→ **What the exercise asks**: Which lines of the entries contain the word "leaves"? Please list them.

→ **Working data**:
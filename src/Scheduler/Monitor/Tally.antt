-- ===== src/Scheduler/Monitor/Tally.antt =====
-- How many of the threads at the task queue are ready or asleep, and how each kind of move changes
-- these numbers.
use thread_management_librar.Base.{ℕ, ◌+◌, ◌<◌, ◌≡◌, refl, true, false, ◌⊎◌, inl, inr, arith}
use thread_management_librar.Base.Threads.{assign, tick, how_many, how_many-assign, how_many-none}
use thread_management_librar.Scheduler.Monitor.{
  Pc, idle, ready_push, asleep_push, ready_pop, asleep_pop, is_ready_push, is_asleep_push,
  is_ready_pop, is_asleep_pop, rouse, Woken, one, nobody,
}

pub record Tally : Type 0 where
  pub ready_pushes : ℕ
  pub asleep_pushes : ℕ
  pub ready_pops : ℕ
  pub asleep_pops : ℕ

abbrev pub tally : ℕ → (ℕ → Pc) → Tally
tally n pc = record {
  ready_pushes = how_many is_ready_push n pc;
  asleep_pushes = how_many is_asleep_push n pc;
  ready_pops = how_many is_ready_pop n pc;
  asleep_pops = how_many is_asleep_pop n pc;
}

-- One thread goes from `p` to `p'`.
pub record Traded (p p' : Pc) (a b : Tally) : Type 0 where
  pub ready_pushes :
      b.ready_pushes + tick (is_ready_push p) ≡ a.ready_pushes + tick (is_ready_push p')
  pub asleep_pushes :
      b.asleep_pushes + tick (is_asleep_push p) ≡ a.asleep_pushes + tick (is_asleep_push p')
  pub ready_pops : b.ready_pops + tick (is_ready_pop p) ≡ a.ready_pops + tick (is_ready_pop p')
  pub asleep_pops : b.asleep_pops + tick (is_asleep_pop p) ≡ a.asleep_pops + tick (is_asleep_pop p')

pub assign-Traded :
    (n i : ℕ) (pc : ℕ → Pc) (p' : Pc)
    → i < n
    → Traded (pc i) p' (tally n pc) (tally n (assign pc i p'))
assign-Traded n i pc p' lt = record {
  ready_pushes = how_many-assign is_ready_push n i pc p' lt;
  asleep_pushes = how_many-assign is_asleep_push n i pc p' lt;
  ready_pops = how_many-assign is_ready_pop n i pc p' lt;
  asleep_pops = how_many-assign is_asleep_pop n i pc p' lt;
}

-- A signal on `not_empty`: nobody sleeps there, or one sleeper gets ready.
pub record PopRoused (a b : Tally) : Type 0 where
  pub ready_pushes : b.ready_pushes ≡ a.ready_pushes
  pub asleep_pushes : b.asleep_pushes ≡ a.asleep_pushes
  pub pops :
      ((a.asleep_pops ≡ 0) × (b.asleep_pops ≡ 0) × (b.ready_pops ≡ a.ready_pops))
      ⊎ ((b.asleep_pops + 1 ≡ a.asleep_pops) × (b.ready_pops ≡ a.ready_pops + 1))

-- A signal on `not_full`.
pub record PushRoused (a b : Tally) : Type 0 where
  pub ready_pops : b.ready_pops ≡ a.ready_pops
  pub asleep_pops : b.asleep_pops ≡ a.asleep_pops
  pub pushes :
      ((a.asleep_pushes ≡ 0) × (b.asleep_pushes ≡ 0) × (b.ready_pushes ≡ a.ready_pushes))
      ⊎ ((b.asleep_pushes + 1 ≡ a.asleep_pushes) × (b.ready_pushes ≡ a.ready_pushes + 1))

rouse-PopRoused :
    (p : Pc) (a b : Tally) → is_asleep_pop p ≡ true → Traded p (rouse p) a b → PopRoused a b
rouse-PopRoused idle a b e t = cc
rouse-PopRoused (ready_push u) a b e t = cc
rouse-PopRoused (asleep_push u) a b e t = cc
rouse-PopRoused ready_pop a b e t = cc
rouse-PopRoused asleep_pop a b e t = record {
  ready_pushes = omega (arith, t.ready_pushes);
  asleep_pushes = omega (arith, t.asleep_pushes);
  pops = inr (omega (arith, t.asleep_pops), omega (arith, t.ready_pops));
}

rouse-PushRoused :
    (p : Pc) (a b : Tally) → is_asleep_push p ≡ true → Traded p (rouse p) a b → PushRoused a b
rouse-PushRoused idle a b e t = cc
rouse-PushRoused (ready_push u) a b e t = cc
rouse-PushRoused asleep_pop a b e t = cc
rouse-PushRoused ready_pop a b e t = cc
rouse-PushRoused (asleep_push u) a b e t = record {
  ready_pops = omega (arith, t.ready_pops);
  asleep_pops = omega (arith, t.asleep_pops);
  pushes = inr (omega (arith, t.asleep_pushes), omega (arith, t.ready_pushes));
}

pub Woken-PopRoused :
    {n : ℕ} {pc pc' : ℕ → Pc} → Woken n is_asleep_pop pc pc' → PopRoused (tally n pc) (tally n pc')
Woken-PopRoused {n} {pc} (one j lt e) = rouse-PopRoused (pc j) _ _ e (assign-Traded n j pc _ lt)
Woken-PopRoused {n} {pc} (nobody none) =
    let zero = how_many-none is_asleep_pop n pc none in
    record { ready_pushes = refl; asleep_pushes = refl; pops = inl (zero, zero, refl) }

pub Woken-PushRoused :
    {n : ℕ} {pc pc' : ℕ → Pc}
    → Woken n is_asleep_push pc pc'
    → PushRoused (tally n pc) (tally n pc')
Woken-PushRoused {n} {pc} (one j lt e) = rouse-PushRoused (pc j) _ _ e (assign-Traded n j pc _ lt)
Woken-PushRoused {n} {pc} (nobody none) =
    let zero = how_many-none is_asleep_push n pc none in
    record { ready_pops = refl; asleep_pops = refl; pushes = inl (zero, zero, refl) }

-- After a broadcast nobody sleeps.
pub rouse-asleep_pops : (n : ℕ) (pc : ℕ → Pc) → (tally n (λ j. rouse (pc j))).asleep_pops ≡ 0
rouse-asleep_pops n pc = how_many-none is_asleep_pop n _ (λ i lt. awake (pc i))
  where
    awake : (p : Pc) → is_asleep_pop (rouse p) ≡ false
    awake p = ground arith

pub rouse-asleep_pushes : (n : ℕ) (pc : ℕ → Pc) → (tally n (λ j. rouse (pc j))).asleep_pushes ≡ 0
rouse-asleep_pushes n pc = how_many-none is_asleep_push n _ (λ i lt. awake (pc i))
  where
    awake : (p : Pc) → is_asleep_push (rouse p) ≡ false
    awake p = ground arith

---

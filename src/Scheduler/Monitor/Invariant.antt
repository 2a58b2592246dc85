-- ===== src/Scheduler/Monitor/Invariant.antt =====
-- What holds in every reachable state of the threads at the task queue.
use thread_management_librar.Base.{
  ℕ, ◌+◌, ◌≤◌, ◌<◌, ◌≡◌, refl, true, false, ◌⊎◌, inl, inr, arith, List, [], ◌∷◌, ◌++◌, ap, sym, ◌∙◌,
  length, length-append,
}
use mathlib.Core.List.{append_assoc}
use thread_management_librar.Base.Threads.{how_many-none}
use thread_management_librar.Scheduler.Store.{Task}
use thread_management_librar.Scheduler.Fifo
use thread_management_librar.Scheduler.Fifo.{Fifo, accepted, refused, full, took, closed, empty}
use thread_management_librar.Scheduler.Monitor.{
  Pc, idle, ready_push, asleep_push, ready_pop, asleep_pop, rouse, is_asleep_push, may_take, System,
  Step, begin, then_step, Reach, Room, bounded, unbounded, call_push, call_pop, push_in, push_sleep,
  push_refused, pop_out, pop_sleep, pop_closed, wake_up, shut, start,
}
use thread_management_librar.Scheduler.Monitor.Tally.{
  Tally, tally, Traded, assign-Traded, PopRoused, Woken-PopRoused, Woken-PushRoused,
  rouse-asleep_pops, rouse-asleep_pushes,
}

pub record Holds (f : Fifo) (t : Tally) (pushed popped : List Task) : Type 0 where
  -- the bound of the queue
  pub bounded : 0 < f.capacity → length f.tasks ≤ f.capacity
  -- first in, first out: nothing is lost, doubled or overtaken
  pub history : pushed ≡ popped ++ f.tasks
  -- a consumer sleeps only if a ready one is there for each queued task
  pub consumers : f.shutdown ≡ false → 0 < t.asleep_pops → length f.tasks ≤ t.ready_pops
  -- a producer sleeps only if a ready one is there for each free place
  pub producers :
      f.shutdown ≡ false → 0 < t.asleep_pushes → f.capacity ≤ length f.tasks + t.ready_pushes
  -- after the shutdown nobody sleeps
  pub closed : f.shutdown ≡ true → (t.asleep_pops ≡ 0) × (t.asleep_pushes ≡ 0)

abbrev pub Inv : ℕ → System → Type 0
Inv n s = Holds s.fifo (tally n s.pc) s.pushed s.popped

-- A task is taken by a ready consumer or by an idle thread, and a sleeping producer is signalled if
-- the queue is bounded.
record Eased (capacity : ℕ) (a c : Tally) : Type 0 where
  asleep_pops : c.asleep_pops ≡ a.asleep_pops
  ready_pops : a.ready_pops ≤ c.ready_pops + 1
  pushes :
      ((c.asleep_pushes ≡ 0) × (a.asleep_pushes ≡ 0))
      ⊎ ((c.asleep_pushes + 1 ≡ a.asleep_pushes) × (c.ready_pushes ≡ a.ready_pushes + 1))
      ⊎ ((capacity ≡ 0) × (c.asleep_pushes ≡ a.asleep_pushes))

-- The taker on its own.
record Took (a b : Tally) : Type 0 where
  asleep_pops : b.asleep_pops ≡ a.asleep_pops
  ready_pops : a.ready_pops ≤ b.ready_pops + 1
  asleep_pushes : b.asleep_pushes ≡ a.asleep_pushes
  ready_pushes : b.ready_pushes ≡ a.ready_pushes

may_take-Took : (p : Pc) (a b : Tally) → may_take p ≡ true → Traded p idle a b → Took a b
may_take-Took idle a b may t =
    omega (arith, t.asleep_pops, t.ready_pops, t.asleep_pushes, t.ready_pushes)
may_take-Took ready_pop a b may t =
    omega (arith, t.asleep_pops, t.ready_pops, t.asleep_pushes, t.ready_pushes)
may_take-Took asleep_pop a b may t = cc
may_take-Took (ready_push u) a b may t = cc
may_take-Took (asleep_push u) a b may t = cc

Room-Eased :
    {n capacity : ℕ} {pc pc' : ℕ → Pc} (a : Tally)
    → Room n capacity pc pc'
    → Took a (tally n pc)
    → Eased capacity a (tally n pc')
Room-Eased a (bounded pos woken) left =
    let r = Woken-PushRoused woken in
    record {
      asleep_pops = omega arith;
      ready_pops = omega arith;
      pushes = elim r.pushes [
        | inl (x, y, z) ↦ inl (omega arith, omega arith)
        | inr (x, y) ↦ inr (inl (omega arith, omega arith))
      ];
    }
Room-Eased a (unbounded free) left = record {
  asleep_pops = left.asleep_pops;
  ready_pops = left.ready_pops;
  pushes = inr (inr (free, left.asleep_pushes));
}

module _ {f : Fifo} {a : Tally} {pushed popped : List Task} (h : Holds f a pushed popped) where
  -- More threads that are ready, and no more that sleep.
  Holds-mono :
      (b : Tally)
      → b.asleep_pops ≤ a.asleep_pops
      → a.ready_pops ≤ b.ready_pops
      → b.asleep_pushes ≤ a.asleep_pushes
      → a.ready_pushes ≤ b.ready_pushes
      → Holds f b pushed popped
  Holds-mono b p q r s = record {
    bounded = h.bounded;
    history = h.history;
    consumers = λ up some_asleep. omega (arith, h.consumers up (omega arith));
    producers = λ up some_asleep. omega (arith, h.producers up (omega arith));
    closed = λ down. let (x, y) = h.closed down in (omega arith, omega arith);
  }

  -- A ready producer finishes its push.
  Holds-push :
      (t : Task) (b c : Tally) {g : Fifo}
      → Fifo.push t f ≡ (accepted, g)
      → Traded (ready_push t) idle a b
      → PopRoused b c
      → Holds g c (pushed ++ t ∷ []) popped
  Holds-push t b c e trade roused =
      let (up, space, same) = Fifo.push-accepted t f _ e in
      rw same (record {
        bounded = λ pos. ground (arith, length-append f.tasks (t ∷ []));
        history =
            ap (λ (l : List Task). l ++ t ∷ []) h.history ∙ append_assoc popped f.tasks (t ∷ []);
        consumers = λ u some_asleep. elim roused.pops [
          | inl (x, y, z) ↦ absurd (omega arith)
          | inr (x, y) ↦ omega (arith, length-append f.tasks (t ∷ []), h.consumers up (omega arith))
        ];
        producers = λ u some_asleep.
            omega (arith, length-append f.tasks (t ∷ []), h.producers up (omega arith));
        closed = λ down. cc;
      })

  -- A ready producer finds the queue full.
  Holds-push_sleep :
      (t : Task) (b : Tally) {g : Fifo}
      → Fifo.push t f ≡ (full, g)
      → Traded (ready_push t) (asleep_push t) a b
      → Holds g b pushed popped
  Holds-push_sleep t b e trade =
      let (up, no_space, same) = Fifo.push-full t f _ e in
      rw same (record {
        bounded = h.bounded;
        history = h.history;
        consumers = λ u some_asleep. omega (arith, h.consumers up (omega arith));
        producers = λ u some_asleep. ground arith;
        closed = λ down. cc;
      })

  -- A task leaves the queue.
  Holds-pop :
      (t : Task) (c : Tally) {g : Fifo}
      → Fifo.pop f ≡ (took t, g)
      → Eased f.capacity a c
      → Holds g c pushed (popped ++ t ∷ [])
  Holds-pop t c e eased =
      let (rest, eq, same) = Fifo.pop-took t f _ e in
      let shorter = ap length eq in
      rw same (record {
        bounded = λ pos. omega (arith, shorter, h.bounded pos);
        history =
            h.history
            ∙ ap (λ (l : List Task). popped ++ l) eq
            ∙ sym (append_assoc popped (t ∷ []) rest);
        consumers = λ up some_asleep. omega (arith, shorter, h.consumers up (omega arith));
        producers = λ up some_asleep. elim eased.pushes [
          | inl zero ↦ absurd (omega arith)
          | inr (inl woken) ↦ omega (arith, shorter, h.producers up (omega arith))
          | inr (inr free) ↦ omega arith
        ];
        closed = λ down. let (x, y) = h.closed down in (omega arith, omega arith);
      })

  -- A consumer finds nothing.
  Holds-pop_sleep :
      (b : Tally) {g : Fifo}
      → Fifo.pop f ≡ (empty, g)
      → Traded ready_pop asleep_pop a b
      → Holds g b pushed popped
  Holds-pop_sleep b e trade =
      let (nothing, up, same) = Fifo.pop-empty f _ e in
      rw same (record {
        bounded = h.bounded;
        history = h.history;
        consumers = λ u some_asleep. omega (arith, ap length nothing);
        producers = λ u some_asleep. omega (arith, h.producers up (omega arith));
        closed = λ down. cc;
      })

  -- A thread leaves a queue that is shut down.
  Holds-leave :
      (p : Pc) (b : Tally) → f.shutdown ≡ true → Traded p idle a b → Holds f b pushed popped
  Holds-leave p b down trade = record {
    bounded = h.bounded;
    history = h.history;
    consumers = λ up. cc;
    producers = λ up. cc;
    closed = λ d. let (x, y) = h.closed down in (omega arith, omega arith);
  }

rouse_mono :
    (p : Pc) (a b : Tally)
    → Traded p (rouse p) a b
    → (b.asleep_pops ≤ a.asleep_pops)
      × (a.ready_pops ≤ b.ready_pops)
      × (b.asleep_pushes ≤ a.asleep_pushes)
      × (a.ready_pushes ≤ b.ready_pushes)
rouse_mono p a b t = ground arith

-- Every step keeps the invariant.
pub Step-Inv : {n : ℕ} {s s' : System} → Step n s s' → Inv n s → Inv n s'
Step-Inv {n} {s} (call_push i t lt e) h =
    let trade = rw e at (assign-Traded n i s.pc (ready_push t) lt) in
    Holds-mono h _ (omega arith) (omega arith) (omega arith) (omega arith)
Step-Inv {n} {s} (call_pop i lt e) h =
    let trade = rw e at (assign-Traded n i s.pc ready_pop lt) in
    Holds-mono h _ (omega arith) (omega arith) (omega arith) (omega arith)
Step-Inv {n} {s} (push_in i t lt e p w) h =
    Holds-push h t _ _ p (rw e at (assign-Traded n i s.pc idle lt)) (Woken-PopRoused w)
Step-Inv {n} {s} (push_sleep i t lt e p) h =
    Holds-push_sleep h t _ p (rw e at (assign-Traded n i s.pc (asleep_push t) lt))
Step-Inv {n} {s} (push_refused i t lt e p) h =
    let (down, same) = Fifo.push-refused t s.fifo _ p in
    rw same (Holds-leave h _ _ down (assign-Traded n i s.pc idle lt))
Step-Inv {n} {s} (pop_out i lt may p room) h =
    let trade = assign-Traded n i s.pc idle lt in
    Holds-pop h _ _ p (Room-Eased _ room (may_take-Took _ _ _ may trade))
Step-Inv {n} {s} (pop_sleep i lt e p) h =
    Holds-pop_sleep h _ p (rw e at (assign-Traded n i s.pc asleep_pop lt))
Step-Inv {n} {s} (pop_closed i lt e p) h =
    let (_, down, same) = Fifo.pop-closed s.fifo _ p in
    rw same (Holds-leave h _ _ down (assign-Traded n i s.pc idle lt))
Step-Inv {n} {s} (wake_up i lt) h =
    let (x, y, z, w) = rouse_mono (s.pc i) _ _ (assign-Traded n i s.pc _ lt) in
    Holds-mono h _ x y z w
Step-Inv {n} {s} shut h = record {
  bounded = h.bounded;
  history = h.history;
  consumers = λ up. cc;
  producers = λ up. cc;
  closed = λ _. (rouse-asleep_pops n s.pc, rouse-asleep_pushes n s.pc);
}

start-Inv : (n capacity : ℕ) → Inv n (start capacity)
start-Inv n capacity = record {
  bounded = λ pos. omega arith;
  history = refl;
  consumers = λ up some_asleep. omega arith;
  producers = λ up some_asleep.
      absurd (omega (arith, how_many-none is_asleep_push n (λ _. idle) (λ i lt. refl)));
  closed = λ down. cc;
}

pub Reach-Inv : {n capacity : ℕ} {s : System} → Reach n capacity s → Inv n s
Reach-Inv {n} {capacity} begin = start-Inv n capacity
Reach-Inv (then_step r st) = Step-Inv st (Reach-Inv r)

→ **Solution below**:
  -- A task leaves the queue.
  -- A thread leaves a queue that is shut down.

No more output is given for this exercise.